I haven't tried to recover video but did you try PhotoRec? I have used that to recover formatted cards, the UI isn't the easiest but not too hard to get through. It goes through terminal/console. I have only used it on mac.


----------



## Perio (Nov 30, 2014)

miketao said:


> Hi all,
> 
> First post here. My girlfriend mistakenly formatted the CF card which had all all the video that I had just shot of her grandparents' 60th wedding anniversary. I pulled the card so that nothing else was written onto it and am now hoping to retrieve the video files.
> 
> ...



Do you run Windows or Mac OS? If the latter, I had some luck recovering deleted/formatted stuff using Data Rescue from Prosoft Engineering. Make sure you don't use the formatted card for any new data storage.


----------



## miketao (Nov 30, 2014)

Hey guys thank you for the responses. No, I'm definitely not a spam bot. And no fav recovery tools.

I'm Mac OS based.

I tried Photorec (free, again not a spam bot) and was able to recover the .jpgs but the .mov files came up with a black screen and static. And I tried the demos on a few other programs but have had no luck with the video files.

I'm hoping someone here has had success in retrieving video files. I've done massive amounts of googling on the subject, including here but have had no luck in finding any tips on getting back the .mov files intact and, most importantly, playable. (note: the recovery programs have all been able to identify the .mov files) 

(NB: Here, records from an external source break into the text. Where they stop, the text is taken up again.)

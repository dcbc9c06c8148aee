-- ===== src/Cache/Recency/Samples.antt =====
-- A run of the recency clock of daemon/src/cache/recency.rs, and an input where its theorem applies.
use import_lens.Prelude.{◌≡◌, refl, List, [], ◌∷◌, arith}
use import_lens.Cache.Recency.{RecencyCall, next, see, issued, observed, events, recency_clock}
use import_lens.Cache.Recency.Ascending.{Ascending, recency-Ascending}

abbrev calls : List RecencyCall
calls = next ∷ see 900 ∷ next ∷ see 5 ∷ next ∷ []

clock_passes_what_is_observed :
    events calls recency_clock ≡ issued 1 ∷ observed 900 ∷ issued 901 ∷ observed 5 ∷ issued 902 ∷ []
unfolding events
clock_passes_what_is_observed = refl

recency-Ascending_example : Ascending 0 (events calls recency_clock)
recency-Ascending_example =
    recency-Ascending calls 900 (omega arith) (omega arith, (omega arith, tt))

Perio, where you able to get recover video with Data Rescue? Didn't seem to work for me.

Dilbert, I'll take a stab at resync studio.

Thank you all again.


----------



## Marsu42 (Nov 30, 2014)

miketao said:


> Hey guys thank you for the responses. No, I'm definitely not a spam bot. And no fav recovery tools.



Oh my, you're the first human in ages with this kind of post :->



miketao said:


> I'm Mac OS based.



But to get your files back, you would be willing to use a Windows pc for a few minutes?



miketao said:


> I'm hoping someone here has had success in retrieving video files. I've done massive amounts of googling on the subject, including here but have had no luck in finding any tips on getting back the .mov files intact and, most importantly, playable. (note: the recovery programs have all been able to identify the .mov files)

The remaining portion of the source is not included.